I'm mulling over how to support stopping/pausing transfers. The problem is that if the assistant is running a transfer in one thread, and the webapp is used to cancel it, killing that thread won't necessarily stop the transfer, because, at least in Haskell's thread model, killing a thread does not kill processes started by the thread (like rsync).

So one option is to have the transfer thread run a separate git-annex process, which will run the actual transfer. And killing that process will stop the transfer nicely. However, using a separate git-annex process means a little startup overhead for each file transferred (I don't know if it'd be enough to matter). Also, there's the problem that git-annex is sometimes not installed in PATH (wish I understood why cabal does that), which makes it kind of hard for it to run itself. (It can't simply fork, sadly. See past horrible pain with forking and threads.)
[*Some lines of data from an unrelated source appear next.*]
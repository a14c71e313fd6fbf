-- ===== src/Config/Load.antt =====
-- internal/config/config.go: `LoadConfig`, in the parts that its checks fall into. `to_lower`,
-- `equal_fold` and `join` are those of Go's library, and `storage_root` is what `GetStoragePath` finds.
use neo_nect_server.Base.{
  Bool, false, not, ◌&&◌, ◌||◌, Option, some, String, List, [], map, ◌==◌, string_eq, if◌then◌else◌,
  ℤ, pos, negsuc, ltz, trim_space,
}
use neo_nect_server.ClientIp.{split_commas}
use neo_nect_server.Config.{
  ◌>>=◌, ◌>>◌, fatal_if, get_env_or_default, get_env_int, get_strict_env_int,
}

pub record Naming : Type 0 where
  pub environment : String
  pub debug : Bool
  pub allowed_origins : List String
  pub trusted_proxies : List String
  pub database_dir : String
  pub master_key_dir : String
  pub bind_address : String
  pub integrity_seed : String
  pub database_name : String
  pub master_key_filename : String
  pub cert_filename : String
  pub key_filename : String

pub record Limits : Type 0 where
  pub http_max_body_bytes : ℤ
  pub ws_max_message_bytes : ℤ
  pub max_envelope_bytes : ℤ
  pub max_mailbox_bytes : ℤ
  pub max_mailbox_messages : ℤ
  pub max_global_web_sockets : ℤ
  pub delivery_batch_size : ℤ

pub record DatabaseConfig : Type 0 where
  pub db_max_open_conns : ℤ
  pub db_max_idle_conns : ℤ
  pub db_conn_max_lifetime : ℤ
  pub sqlite_busy_timeout_ms : ℤ
  pub sqlite_cache_size : ℤ
  pub sqlite_mmap_size_bytes : ℤ

pub record Timing : Type 0 where
  pub read_timeout : ℤ
  pub write_timeout : ℤ
  pub idle_timeout : ℤ
  pub request_context_timeout : ℤ
  pub ws_ping_period : ℤ
  pub ws_pong_wait : ℤ

pub record RateConfig : Type 0 where
  pub max_conn_per_ip : ℤ
  pub max_req_per_sec_ip : ℤ
  pub max_msg_per_sec : ℤ
  pub max_discovery_per_sec : ℤ
  pub max_auth_per_sec_ip : ℤ

-- `AppConfig`, in the parts above
pub record AppConfig : Type 0 where
  pub naming : Naming
  pub limits : Limits
  pub database : DatabaseConfig
  pub timing : Timing
  pub rates : RateConfig
  pub max_devices_per_user : ℤ

-- the `switch` on the environment
abbrev pub is_environment : String → Bool
is_environment env = env == "development" || env == "beta" || env == "production"

-- a list that is separated by commas, empty for the empty text
unfoldable pub comma_list : String → List String
comma_list s = if s == "" then [] else map trim_space (split_commas s)

unfoldable pub database_name_default : String → String
database_name_default env =
    if env == "development"
    then "neonect_v1_development"
    else if env == "production"
    then "neonect_v1_production"
    else "neonect_v1_beta"

module _ (lookup_env : String → Option String) (atoi : String → Option ℤ) where
  abbrev strict : String → ℤ → ℤ → ℤ → Option ℤ
  strict = get_strict_env_int lookup_env atoi

  abbrev text : String → String → String
  text = get_env_or_default lookup_env atoi

  unfoldable pub load_naming :
      (String → String)
      → (String → String → Bool)
      → (String → String → String)
      → String
      → Option Naming
  unfolding comma_list database_name_default
  load_naming to_lower equal_fold join storage_root =
      let env = to_lower (text "NEONECT_ENV" "beta") in
      (do
        fatal_if (not (is_environment env))
        some (record {
          environment = env;
          debug =
              if env == "beta" || env == "production"
              then false
              else equal_fold (text "NEONECT_DEBUG" "") "true";
          allowed_origins = comma_list (text "NEONECT_ALLOWED_ORIGINS" "");
          trusted_proxies = comma_list (text "NEONECT_TRUSTED_PROXIES" "");
          database_dir = text "NEONECT_DB_DIR" (join storage_root "database");
          master_key_dir = text "NEONECT_KEY_DIR" (join storage_root "keys");
          bind_address = text "NEONECT_BIND_ADDR" "0.0.0.0:0";
          integrity_seed = text "NEONECT_INTEGRITY_SEED" "integrity_pulse";
          database_name = text "NEONECT_DB_NAME" (database_name_default env);
          master_key_filename = text "NEONECT_MASTER_KEY_FILE" "master.key";
          cert_filename = text "NEONECT_CERT_FILE" "cert.pem";
          key_filename = text "NEONECT_KEY_FILE" "key.pem";
        }))

  unfoldable pub load_limits : Option Limits
  load_limits = do
    http ← strict "NEONECT_HTTP_MAX_BODY_BYTES" (pos 4194304) (pos 1) (pos 1073741824)
    ws ← strict "NEONECT_WS_MAX_MESSAGE_BYTES" (pos 4194304) (pos 1) (pos 1073741824)
    envelope ← strict "NEONECT_MAX_ENVELOPE_BYTES" (pos 1048576) (pos 1) (pos 1073741824)
    fatal_if (ltz http envelope && ltz ws envelope)
    bytes ← strict "NEONECT_MAX_MAILBOX_BYTES" (pos 52428800) (pos 1) (pos 1073741824)
    messages ← strict "NEONECT_MAX_MAILBOX_MESSAGES" (pos 1000) (pos 1) (pos 1000000)
    sockets ← strict "NEONECT_MAX_GLOBAL_WEBSOCKETS" (pos 10000) (pos 1) (pos 1000000)
    batch ← strict "NEONECT_DELIVERY_BATCH_SIZE" (pos 100) (pos 1) (pos 10000)
    some (record {
      http_max_body_bytes = http;
      ws_max_message_bytes = ws;
      max_envelope_bytes = envelope;
      max_mailbox_bytes = bytes;
      max_mailbox_messages = messages;
      max_global_web_sockets = sockets;
      delivery_batch_size = batch;
    })

  unfoldable pub load_database : Option DatabaseConfig
  load_database = do
    open_conns ← strict "NEONECT_DB_MAX_OPEN_CONNS" (pos 10) (pos 1) (pos 1000)
    idle ← strict "NEONECT_DB_MAX_IDLE_CONNS" (pos 5) (pos 0) (pos 1000)
    fatal_if (ltz open_conns idle)
    lifetime ← strict "NEONECT_DB_CONN_MAX_LIFETIME_SECONDS" (pos 3600) (pos 0) (pos 86400)
    busy ← strict "NEONECT_SQLITE_BUSY_TIMEOUT_MS" (pos 10000) (pos 1) (pos 300000)
    cache ← strict "NEONECT_SQLITE_CACHE_SIZE" (negsuc 31999) (negsuc 1999999) (pos 2000000)
    mmap ← strict "NEONECT_SQLITE_MMAP_SIZE_BYTES" (pos 268435456) (pos 0) (pos 1099511627776)
    some (record {
      db_max_open_conns = open_conns;
      db_max_idle_conns = idle;
      db_conn_max_lifetime = lifetime;
      sqlite_busy_timeout_ms = busy;
      sqlite_cache_size = cache;
      sqlite_mmap_size_bytes = mmap;
    })

  unfoldable pub load_timing : Option Timing
  load_timing = do
    ping ← strict "NEONECT_WS_PING_PERIOD_SECONDS" (pos 30) (pos 1) (pos 3600)
    pong ← strict "NEONECT_WS_PONG_WAIT_SECONDS" (pos 45) (pos 2) (pos 3600)
    fatal_if (not (ltz ping pong))
    request ← strict "NEONECT_REQUEST_CONTEXT_TIMEOUT_SECONDS" (pos 30) (pos 1) (pos 3600)
    some (record {
      read_timeout = get_env_int lookup_env atoi "NEONECT_READ_TIMEOUT" (pos 15);
      write_timeout = get_env_int lookup_env atoi "NEONECT_WRITE_TIMEOUT" (pos 15);
      idle_timeout = get_env_int lookup_env atoi "NEONECT_IDLE_TIMEOUT" (pos 60);
      request_context_timeout = request;
      ws_ping_period = ping;
      ws_pong_wait = pong;
    })

  unfoldable pub load_rates : Option RateConfig
  load_rates = do
    conn ← strict "NEONECT_MAX_CONN_PER_IP" (pos 10) (pos 1) (pos 1000)
    req ← strict "NEONECT_MAX_REQ_PER_SEC_IP" (pos 50) (pos 1) (pos 10000)
    msg ← strict "NEONECT_MAX_MSG_PER_SEC" (pos 100) (pos 1) (pos 10000)
    discovery ← strict "NEONECT_MAX_DISCOVERY_PER_SEC" (pos 10) (pos 1) (pos 100000)
    auth ← strict "NEONECT_MAX_AUTH_PER_SEC_IP" (pos 5) (pos 1) (pos 1000)
    some (record {
      max_conn_per_ip = conn;
      max_req_per_sec_ip = req;
      max_msg_per_sec = msg;
      max_discovery_per_sec = discovery;
      max_auth_per_sec_ip = auth;
    })

  unfoldable pub load_config :
      (String → String)
      → (String → String → Bool)
      → (String → String → String)
      → String
      → Option AppConfig
  unfolding load_naming load_limits load_database load_timing load_rates
  load_config to_lower equal_fold join storage_root = do
    naming ← load_naming to_lower equal_fold join storage_root
    limits ← load_limits
    database ← load_database
    timing ← load_timing
    rates ← load_rates
    some (record {
      naming = naming;
      limits = limits;
      database = database;
      timing = timing;
      rates = rates;
      max_devices_per_user = get_env_int lookup_env atoi "NEONECT_MAX_DEVICES" (pos 10);
    })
The other option is to change the API for git-annex remotes, so that their storeKey and retrieveKeyFile methods return a pid of the program that they run. When they do run a program.. not all remotes do. This seems like it'd make the code in the remotes hairier, and it is also asking for bugs, when a remote's implementation changes. Or I could go lower-level, and make every place in the utility libraries that forks a process record its pid in a per-thread MVar. Still seems to be asking for bugs.

Oh well, at least git-annex is already crash-safe, so once I figure out how to kill a transfer process, I can kill it safely. :)

What if storeKey, retrieveKeyFile, etc. return an IO () which cancels the operation, if possible? The implementation can be canceled regardless if it uses separate processes or Haskell threads.
Comment by http://claimid.com/strager Sat Aug 11 04:50:52 2012

In fact, making a dedicated data type or some typeclasses may be more appropriate:

class Cancelable a where cancel :: a -> IO ()
class Pauseable a where pause :: a -> IO ()

-- Alternatively:

data Transfer = Transfer { cancel :: IO (), pause :: IO () }

-- Or both!
Comment by http://claimid.com/strager Sat Aug 11 04:55:13 2012

That's the lines I was thinking along, and I even made a throwaway branch with some types. But the problem is reworking all the code to do that. Particularly since lots of the code uses generic utility functions that are reused in other, unrelated places and would have to be modified to pass back cancel actions.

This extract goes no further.